The latest manufacturer to recall the prescription is Sun Pharma, which late last month, announced a voluntary recall of one lot of its extended-release (ER) metformin hydrochloride oral suspension (Riomet ER). In the release the company stated the recalled lot represents 747 bottles with an expiration date of October 2021.
According to the FDA, the level of NDMA–classified as a probable human carcinogen–has been found to be above the allowable Acceptable Daily Intake (ADI) limit established by the agency.
Although no adverse events have been reported from taking Riomet/Metformin, it’s likely that there will be lawsuits against manufacturers such as Sun Pharma. Thousands of consumers who claim to have developed cancer as a result of taking the heartburn medication, Zantac, have filed lawsuits against ranitidine manufacturers, who make the generic histamine-2 (H2) blockers that reduce stomach acid.
Ranitidine (Zantac is a brand name of a ranitidine drug) remedies were recalled by the FDA in April of this year because of NDMA impurities. The news was alarming, considering that an estimated 15 million Americans were taking ranitidine prescription drugs at the time of the recall. Users of Metformin, one of the most commonly-prescribed drugs in the United States, are even greater. Nearly 80 million prescriptions were written for the drug in 2017. Metformin is nearly always the first drug prescribed for people newly diagnosed with type 2 diabetes. Approximately one-quarter of Metformin prescriptions are for the extended release/Riomet version.
NDMA can form naturally, as is the case with certain food products, including highly-processed lunch meats, or it can form unintentionally in industrial uses, such as drug manufacturing. According to the FDA, the level of impurity increases in tainted drugs over time, and when the packaging or drug itself is stored at higher than room temperature.

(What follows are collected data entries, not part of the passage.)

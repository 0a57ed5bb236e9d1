-- ===== src/Sql.antt =====
-- The SQL text that pgop writes: quoting in internal/postgres/client.go and dsn.go and
-- internal/controller/pgconfig.go, statements in internal/postgres/privileges.go.
pub mod Quote
pub mod Privileges
pub mod Statements
pub mod Lists
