-- ===== src/Sql/Lists.antt =====
-- Values of parameters in statements: `splitIdentifierList`, `formatSettingValue` and the SET and RESET
-- clauses of internal/postgres/privileges.go. The loop over the elements of a list runs on fuel.
pub mod Enough
pub mod RoundTrip
use pgop.Prelude.{
  ℕ, ◌+◌, Bool, true, false, not, ◌&&◌, ◌||◌, List, [], ◌∷◌, ◌++◌, ◌==◌, nat_eq, if◌then◌else◌, any,
  contains, Option, none, some, Result, ok, err, ◌>>=◌, is_empty, length, map, ◌≡◌, refl,
}
use pgop.Text.{Text, text_eq, text}
use pgop.Text.Strings.{to_lower, is_space, join}
use pgop.Sql.Quote.{quote_ident, quote_literal}
use pgop.Sql.Privileges.{
  SqlError, unterminated_quote, empty_element, invalid_element, unexpected_rune, empty_list,
  empty_role, normalize_parameter_name,
}
use pgop.Sql.Statements.{quote_parameter_name}

abbrev pub is_blank : ℕ → Bool
is_blank c = c == b' ' || c == 9 || c == 10 || c == 13

-- The loops that skip blanks.
unfoldable pub skip_blanks : Text → Text
skip_blanks [] = []
skip_blanks (c ∷ cs) = let rest = skip_blanks cs in if is_blank c then rest else c ∷ cs

abbrev pub onto : ℕ → Option (Text × Text) → Option (Text × Text)
onto c none = none
onto c (some (element, rest)) = some (c ∷ element, rest)

-- The loop over a quoted element; `true` when a quote was just read, which either ends it or is the
-- first of two.
unfoldable pub quoted_element : Bool → Text → Option (Text × Text)
quoted_element false [] = none
quoted_element true [] = some ([], [])
quoted_element false (c ∷ cs) =
    let rest = quoted_element (c == b'"') cs in if c == b'"' then rest else onto c rest
quoted_element true (c ∷ cs) =
    let rest = quoted_element false cs in if c == b'"' then onto b'"' rest else some ([], c ∷ cs)

-- The loop to the next comma.
unfoldable pub word_element : Text → Text × Text
word_element [] = ([], [])
word_element (c ∷ cs) =
    let (word, rest) = word_element cs in if c == b',' then ([], c ∷ cs) else (c ∷ word, rest)

-- strings.TrimRight
unfoldable pub trim_right : Text → Text
trim_right [] = []
trim_right (c ∷ cs) =
    let rest = trim_right cs in if is_blank c && is_empty rest then [] else c ∷ rest

abbrev pub quoted_or_error : Option (Text × Text) → Result SqlError (Text × Text)
quoted_or_error none = err unterminated_quote
quoted_or_error (some (element, rest)) = ok (element, skip_blanks rest)

abbrev pub word_or_error : Text × Text → Result SqlError (Text × Text)
word_or_error (w, rest) =
    let word = trim_right w in
    if any (λ c. is_blank c || c == b'"') word
    then err (invalid_element word)
    else ok (to_lower word, rest)

-- The next element, and the text behind it.
unfoldable pub next_element : Text → Result SqlError (Text × Text)
unfolding quoted_element word_element trim_right skip_blanks to_lower
next_element [] = ok ([], [])
next_element (c ∷ cs) =
    if c == b'"'
    then quoted_or_error (quoted_element false cs)
    else word_or_error (word_element (c ∷ cs))

-- What follows an element: the end, or a comma and the rest of the list.
abbrev pub after_element :
    List Text
    → (List Text → Text → Option (Result SqlError (List Text)))
    → Result SqlError (Text × Text)
    → Option (Result SqlError (List Text))
after_element out next (err e) = some (err e)
after_element out next (ok ([], rest)) = some (err empty_element)
after_element out next (ok (c ∷ cs, [])) = some (ok (out ++ (c ∷ cs) ∷ []))
after_element out next (ok (c ∷ cs, d ∷ rest)) =
    if d == b',' then next (out ++ (c ∷ cs) ∷ []) rest else some (err (unexpected_rune d))

-- The loop, with `out`; none when the fuel is used up.
unfoldable pub split_elements : ℕ → List Text → Text → Option (Result SqlError (List Text))
unfolding next_element
split_elements ℕ.zero out s = none
split_elements (ℕ.suc fuel) out s =
    after_element out (split_elements fuel) (next_element (skip_blanks s))

abbrev pub or_empty_error : Option (Result SqlError (List Text)) → Result SqlError (List Text)
or_empty_error none = err empty_element
or_empty_error (some r) = r

-- `splitIdentifierList`; each round but the last uses up a comma, so the length is fuel enough.
unfoldable pub split_identifier_list : Text → Result SqlError (List Text)
unfolding split_elements
split_identifier_list s = or_empty_error (split_elements (ℕ.suc (length s)) [] s)

abbrev pub list_quote_parameters : List Text
list_quote_parameters = text "search_path" ∷ text "temp_tablespaces" ∷ []

-- strings.TrimSpace(value) == ""
unfoldable pub is_white : Text → Bool
unfolding is_space
is_white [] = true
is_white (c ∷ cs) = is_space c && is_white cs

unfoldable pub format_setting_value : Text → Text → Result SqlError Text
unfolding split_identifier_list quote_literal is_white contains
format_setting_value parameter value =
    if not (contains list_quote_parameters parameter)
    then ok (quote_literal value)
    else if is_white value
    then err (empty_list parameter)
    else do elems ← split_identifier_list value; ok (join (map quote_literal elems) (text ", "))

-- A name that is refused has been refused by `quote_parameter_name` before.
abbrev pub name_or_empty : Result SqlError Text → Text
name_or_empty (ok n) = n
name_or_empty (err e) = []

unfoldable pub build_set_clause : Text → Text → Result SqlError Text
unfolding format_setting_value
build_set_clause parameter value = do
  name ← quote_parameter_name parameter
  v ← format_setting_value (name_or_empty (normalize_parameter_name parameter)) value
  ok (text "SET " ++ (name ++ (text " TO " ++ v)))

unfoldable pub build_reset_clause : Text → Result SqlError Text
build_reset_clause parameter = do name ← quote_parameter_name parameter; ok (text "RESET " ++ name)

abbrev alter_database : Text → Text → Text
alter_database database clause = text "ALTER DATABASE " ++ (quote_ident database ++ 32 ∷ clause)

unfoldable pub build_alter_database_set_query : Text → Text → Text → Result SqlError Text
unfolding build_set_clause
build_alter_database_set_query database parameter value = do
  clause ← build_set_clause parameter value
  ok (alter_database database clause)

unfoldable pub build_alter_database_reset_query : Text → Text → Result SqlError Text
unfolding build_reset_clause
build_alter_database_reset_query database parameter = do
  clause ← build_reset_clause parameter
  ok (alter_database database clause)

-- `alterRoleTarget`
unfoldable pub alter_role_target : Text → Text → Result SqlError Text
alter_role_target role database =
    if is_empty role
    then err empty_role
    else ok (
        text "ALTER ROLE "
        ++ (quote_ident role
            ++ (if is_empty database then [] else text " IN DATABASE " ++ quote_ident database)))

unfoldable pub build_alter_role_set_query : Text → Text → Text → Text → Result SqlError Text
unfolding alter_role_target build_set_clause
build_alter_role_set_query role database parameter value = do
  target ← alter_role_target role database
  clause ← build_set_clause parameter value
  ok (target ++ 32 ∷ clause)

unfoldable pub build_alter_role_reset_query : Text → Text → Text → Result SqlError Text
unfolding alter_role_target build_reset_clause
build_alter_role_reset_query role database parameter = do
  target ← alter_role_target role database
  clause ← build_reset_clause parameter
  ok (target ++ 32 ∷ clause)

list_sample :
    split_identifier_list (text "\"$user\", Public ") ≡ ok (text "$user" ∷ text "public" ∷ [])
unfolding split_identifier_list
list_sample = refl
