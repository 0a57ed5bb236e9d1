-- ===== src/Sql/Lists/Enough.antt =====
-- The length of a list is fuel enough for its elements.
use pgop.Prelude.{
  ℕ, ◌≤◌, ◌<◌, Bool, true, false, List, [], ◌∷◌, ◌++◌, ◌==◌, nat_eq, ◌≡◌, ◌≢◌, refl, any, ◌||◌,
  Option, none, some, Result, ok, err, length, arith, if_both, ◌∙◌,
}
use pgop.Text.{Text}
use pgop.Sql.Privileges.{SqlError}
use pgop.Sql.Lists.{
  skip_blanks, quoted_element, word_element, trim_right, quoted_or_error, word_or_error,
  next_element, after_element, split_elements, or_empty_error, split_identifier_list, is_blank,
  onto,
}

skip_blanks-length : (s : Text) → length (skip_blanks s) ≤ length s
unfolding skip_blanks
skip_blanks-length [] = ground arith
skip_blanks-length (c ∷ cs) = ground (arith, skip_blanks-length cs)

-- The rest is no longer than the text.
abbrev Shorter : ℕ → Option (Text × Text) → Type 0
Shorter n none = Unit
Shorter n (some (element, rest)) = length rest ≤ n

onto-Shorter : (c n : ℕ) (o : Option (Text × Text)) → Shorter n o → Shorter (ℕ.suc n) (onto c o)
onto-Shorter c n none h = tt
onto-Shorter c n (some (element, rest)) h = ground (arith, h)

Shorter-suc : (n : ℕ) (o : Option (Text × Text)) → Shorter n o → Shorter (ℕ.suc n) o
Shorter-suc n none h = tt
Shorter-suc n (some (element, rest)) h = ground (arith, h)

quoted_element-Shorter : (b : Bool) (s : Text) → Shorter (length s) (quoted_element b s)
unfolding quoted_element
quoted_element-Shorter false [] = tt
quoted_element-Shorter true [] = ground arith
quoted_element-Shorter false (c ∷ cs) =
    let rest = quoted_element-Shorter (c == b'"') cs in
    if_both (Shorter (ℕ.suc (length cs))) (c == b'"') (Shorter-suc (length cs) _ rest)
      (onto-Shorter c (length cs) _ rest)
quoted_element-Shorter true (c ∷ cs) =
    if_both (Shorter (ℕ.suc (length cs))) (c == b'"')
      (onto-Shorter b'"' (length cs) _ (quoted_element-Shorter false cs)) (ground arith)

word_element-length : (s : Text) → length (word_element s).1 ≤ length s
unfolding word_element
word_element-length [] = ground arith
word_element-length (c ∷ cs) = ground (arith, word_element-length cs)

-- What is left behind an element is no longer than the text.
abbrev Leaves : ℕ → Result SqlError (Text × Text) → Type 0
Leaves n (err e) = Unit
Leaves n (ok (element, rest)) = length rest ≤ n

quoted_or_error-Leaves :
    (n : ℕ) (o : Option (Text × Text)) → Shorter n o → Leaves n (quoted_or_error o)
quoted_or_error-Leaves n none h = tt
quoted_or_error-Leaves n (some (element, rest)) h = ground (arith, h, skip_blanks-length rest)

word_or_error-Leaves : (n : ℕ) (w : Text × Text) → length w.1 ≤ n → Leaves n (word_or_error w)
word_or_error-Leaves n (w, rest) h =
    if_both (Leaves n) (any (λ c. is_blank c || c == b'"') (trim_right w)) tt h

next_element-Leaves : (s : Text) → Leaves (length s) (next_element s)
unfolding next_element
next_element-Leaves [] = ground arith
next_element-Leaves (c ∷ cs) =
    if_both (Leaves (ℕ.suc (length cs))) (c == b'"')
      (quoted_or_error-Leaves _ _ (Shorter-suc (length cs) _ (quoted_element-Shorter false cs)))
      (word_or_error-Leaves _ (word_element (c ∷ cs)) (word_element-length (c ∷ cs)))

after_element-some :
    (n : ℕ) (out : List Text) (next : List Text → Text → Option (Result SqlError (List Text)))
    (r : Result SqlError (Text × Text))
    → Leaves n r
    → ((out' : List Text) (rest : Text) → length rest < n → next out' rest ≢ none)
    → after_element out next r ≢ none
after_element-some n out next (err e) h k = λ x. absurd (ground (arith, x))
after_element-some n out next (ok ([], rest)) h k = λ x. absurd (ground (arith, x))
after_element-some n out next (ok (c ∷ cs, [])) h k = λ x. absurd (ground (arith, x))
after_element-some n out next (ok (c ∷ cs, d ∷ rest)) h k =
    if_both (λ o. o ≢ none) (d == b',') (k _ rest (ground (arith, h)))
      (λ x. absurd (ground (arith, x)))

split_elements-some :
    (fuel : ℕ) (out : List Text) (s : Text) → length s < fuel → split_elements fuel out s ≢ none
unfolding split_elements
split_elements-some ℕ.zero out s h = absurd (ground (arith, h))
split_elements-some (ℕ.suc fuel) out s h =
    after_element-some (length (skip_blanks s)) out (split_elements fuel) _
      (next_element-Leaves (skip_blanks s))
      (λ out' rest shorter.
        split_elements-some fuel out' rest (ground (arith, h, shorter, skip_blanks-length s)))

after_element-agree :
    (n : ℕ) (out : List Text) (f g : List Text → Text → Option (Result SqlError (List Text)))
    (r : Result SqlError (Text × Text))
    → Leaves n r
    → ((out' : List Text) (rest : Text) → length rest < n → f out' rest ≡ g out' rest)
    → after_element out f r ≡ after_element out g r
after_element-agree n out f g (err e) h k = refl
after_element-agree n out f g (ok ([], rest)) h k = refl
after_element-agree n out f g (ok (c ∷ cs, [])) h k = refl
after_element-agree n out f g (ok (c ∷ cs, d ∷ rest)) h k =
    rw (k (out ++ (c ∷ cs) ∷ []) rest (ground (arith, h))) refl

split_elements-agree :
    (f g : ℕ) (out : List Text) (s : Text)
    → length s < f
    → length s < g
    → split_elements f out s ≡ split_elements g out s
unfolding split_elements
split_elements-agree ℕ.zero g out s h k = absurd (ground (arith, h))
split_elements-agree (ℕ.suc f) ℕ.zero out s h k = absurd (ground (arith, k))
split_elements-agree (ℕ.suc f) (ℕ.suc g) out s h k =
    after_element-agree (length (skip_blanks s)) out (split_elements f) (split_elements g) _
      (next_element-Leaves (skip_blanks s))
      (λ out' rest shorter.
        split_elements-agree f g out' rest (ground (arith, h, shorter, skip_blanks-length s))
          (ground (arith, k, shorter, skip_blanks-length s)))

-- The loop over the elements ends: with any fuel above the length of the text it returns, and what it
-- returns is the result of `splitIdentifierList`.
pub split_elements-ends :
    (s : Text) (fuel : ℕ)
    → length s < fuel
    → split_elements fuel [] s ≡ some (split_identifier_list s)
unfolding split_identifier_list
split_elements-ends s fuel h =
    split_elements-agree fuel (ℕ.suc (length s)) [] s h (ground arith)
    ∙ returned (split_elements (ℕ.suc (length s)) [] s)
        (split_elements-some (ℕ.suc (length s)) [] s (ground arith))
  where
    returned : (o : Option (Result SqlError (List Text))) → o ≢ none → o ≡ some (or_empty_error o)
    returned none h = absurd (h refl)
    returned (some r) h = refl
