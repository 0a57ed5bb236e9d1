-- ===== src/Sql/Lists/RoundTrip.antt =====
-- The lists that are written with quoted identifiers.
use pgop.Prelude.{
  ℕ, ◌<◌, ◌+◌, true, false, List, [], ◌∷◌, ◌++◌, ◌==◌, nat_eq, ◌≡◌, refl, ap, sym, ◌∙◌, Option,
  some, Result, ok, length, arith, Bool-cases, inl, inr, All, map, append_assoc, append-nil,
  is_empty, contains,
}
use pgop.Text.{Text, text_eq, text}
use pgop.Text.Strings.{join}
use pgop.Sql.Quote.{replace_all, quote_ident, quote_literal}
use pgop.Sql.Privileges.{SqlError}
use pgop.Sql.Lists.{
  skip_blanks, quoted_element, quoted_or_error, next_element, after_element, split_elements,
  split_identifier_list, format_setting_value, list_quote_parameters, is_white,
}
use pgop.Sql.Lists.Enough.{split_elements-ends}

-- What may follow a quoted element: anything but another quote.
abbrev IsApart : Text → Type 0
IsApart [] = Unit
IsApart (c ∷ cs) = (c == b'"') ≡ false

quoted_element-replace_all :
    (name rest : Text)
    → IsApart rest
    → quoted_element false (replace_all b'"' b'"' b'"' name ++ b'"' ∷ rest) ≡ some (name, rest)
unfolding quoted_element replace_all
quoted_element-replace_all [] [] h = refl
quoted_element-replace_all [] (c ∷ cs) h = ground (arith, h)
quoted_element-replace_all (c ∷ cs) rest h = elim (Bool-cases (c == b'"')) [
  | inl e ↦ ground (arith, e, quoted_element-replace_all cs rest h)
  | inr e ↦ ground (arith, e, quoted_element-replace_all cs rest h)
]

-- The list, as it is written: the elements are quoted, with a comma and a space between them.
abbrev pub quoted_list : List Text → Text
quoted_list names = join (map quote_ident names) (text ", ")

-- What follows the first element.
abbrev behind : List Text → Text
behind [] = []
behind (m ∷ ms) = b',' ∷ 32 ∷ quoted_list (m ∷ ms)

quoted_list-behind : (n : Text) (ns : List Text) → quoted_list (n ∷ ns) ≡ quote_ident n ++ behind ns
unfolding join
quoted_list-behind n [] = sym (append-nil (quote_ident n))
quoted_list-behind n (m ∷ ms) = refl

next_element-quote_ident :
    (n tail : Text) → IsApart tail → next_element (quote_ident n ++ tail) ≡ ok (n, skip_blanks tail)
unfolding next_element quote_ident
next_element-quote_ident n tail h =
    ap (λ t. quoted_or_error (quoted_element false t))
      (append_assoc (replace_all b'"' b'"' b'"' n) (b'"' ∷ []) tail)
    ∙ ap quoted_or_error (quoted_element-replace_all n tail h)

behind-IsApart : (ns : List Text) → IsApart (behind ns)
behind-IsApart [] = tt
behind-IsApart (m ∷ ms) = refl

skip_blanks-quoted_list :
    (n : Text) (ns : List Text) → skip_blanks (quoted_list (n ∷ ns)) ≡ quoted_list (n ∷ ns)
unfolding skip_blanks quote_ident
skip_blanks-quoted_list n ns =
    ap skip_blanks (quoted_list-behind n ns) ∙ sym (quoted_list-behind n ns)

skip_blanks-behind : (m : Text) (ms : List Text) → skip_blanks (behind (m ∷ ms)) ≡ behind (m ∷ ms)
unfolding skip_blanks
skip_blanks-behind m ms = refl

abbrev pub IsNonempty : Text → Type 0
IsNonempty t = is_empty t ≡ false

after_element-nonempty :
    (out : List Text) (next : List Text → Text → Option (Result SqlError (List Text)))
    (n rest : Text)
    → IsNonempty n
    → (after_element out next (ok (n, [])) ≡ some (ok (out ++ n ∷ [])))
      × (after_element out next (ok (n, b',' ∷ rest)) ≡ next (out ++ n ∷ []) rest)
after_element-nonempty out next [] rest h = absurd (ground (arith, h))
after_element-nonempty out next (c ∷ cs) rest h = (refl, refl)

split_elements-quoted :
    (n : Text) (ns : List Text) (fuel : ℕ) (out : List Text) (s : Text)
    → skip_blanks s ≡ quoted_list (n ∷ ns)
    → All IsNonempty (n ∷ ns)
    → length ns < fuel
    → split_elements fuel out s ≡ some (ok (out ++ n ∷ ns))
unfolding split_elements
split_elements-quoted n ns ℕ.zero out s e h k = absurd (ground (arith, k))
split_elements-quoted n [] (ℕ.suc f) out s e (h, hs) k =
    ap (λ t. after_element out (split_elements f) (next_element t)) (e ∙ quoted_list-behind n [])
    ∙ ap (after_element out (split_elements f)) (next_element-quote_ident n [] tt)
    ∙ (after_element-nonempty out (split_elements f) n [] h).0
split_elements-quoted n (m ∷ ms) (ℕ.suc f) out s e (h, hs) k =
    ap (λ t. after_element out (split_elements f) (next_element t))
      (e ∙ quoted_list-behind n (m ∷ ms))
    ∙ ap (after_element out (split_elements f)) (next_element-quote_ident n (behind (m ∷ ms)) refl)
    ∙ (after_element-nonempty out (split_elements f) n (32 ∷ quoted_list (m ∷ ms)) h).1
    ∙ split_elements-quoted m ms f (out ++ n ∷ []) (32 ∷ quoted_list (m ∷ ms))
        (skip_blanks-quoted_list m ms) hs (ground (arith, k))
    ∙ ap (λ l. some (ok l)) (append_assoc out (n ∷ []) (m ∷ ms))

split_identifier_list-quoted_list :
    (n : Text) (ns : List Text)
    → All IsNonempty (n ∷ ns)
    → split_identifier_list (quoted_list (n ∷ ns)) ≡ ok (n ∷ ns)
split_identifier_list-quoted_list n ns h =
    let s = quoted_list (n ∷ ns) in
    let fuel = ℕ.suc (length s + length ns) in
    let whole : some (split_identifier_list s) ≡ some (ok (n ∷ ns)) =
      sym (split_elements-ends s fuel (ground arith))
      ∙ split_elements-quoted n ns fuel [] s (skip_blanks-quoted_list n ns) h (ground arith) in
    cc whole

-- For a parameter that takes a list of identifiers, a value that quotes each of a list of names, none
-- of them empty, is written as the constants of exactly these names.
pub format_setting_value-quoted_list :
    (parameter n : Text) (ns : List Text)
    → contains list_quote_parameters parameter ≡ true
    → All IsNonempty (n ∷ ns)
    → format_setting_value parameter (quoted_list (n ∷ ns))
      ≡ ok (join (map quote_literal (n ∷ ns)) (text ", "))
unfolding format_setting_value is_white quote_ident
format_setting_value-quoted_list parameter n ns listed h =
    let white : is_white (quoted_list (n ∷ ns)) ≡ false = ap is_white (quoted_list-behind n ns) in
    rw (listed, white, split_identifier_list-quoted_list n ns h) refl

The FDA advises those taking any medications to not discontinue doing so without first talking to their prescribing doctor. Additionally, FDA is, to date, unaware of the source of NDMA contamination in Metformin.
Update – November 4, 2020:
Missouri-based Nostrum Laboratories voluntarily recalled two lots of its 750-mg extended-release metformin tablets. The manufacturer did not disclose the exact number of bottles involved in the recall. The lots contain packages of 100 metformin tablets each. Thus far, in addition to Nostrum, Metformin manufacturers that have issued recalls include Granules Pharmaceuticals, Apotex, Amneal, Lupin, Marksans, Teva and Bayshore Pharmaceuticals.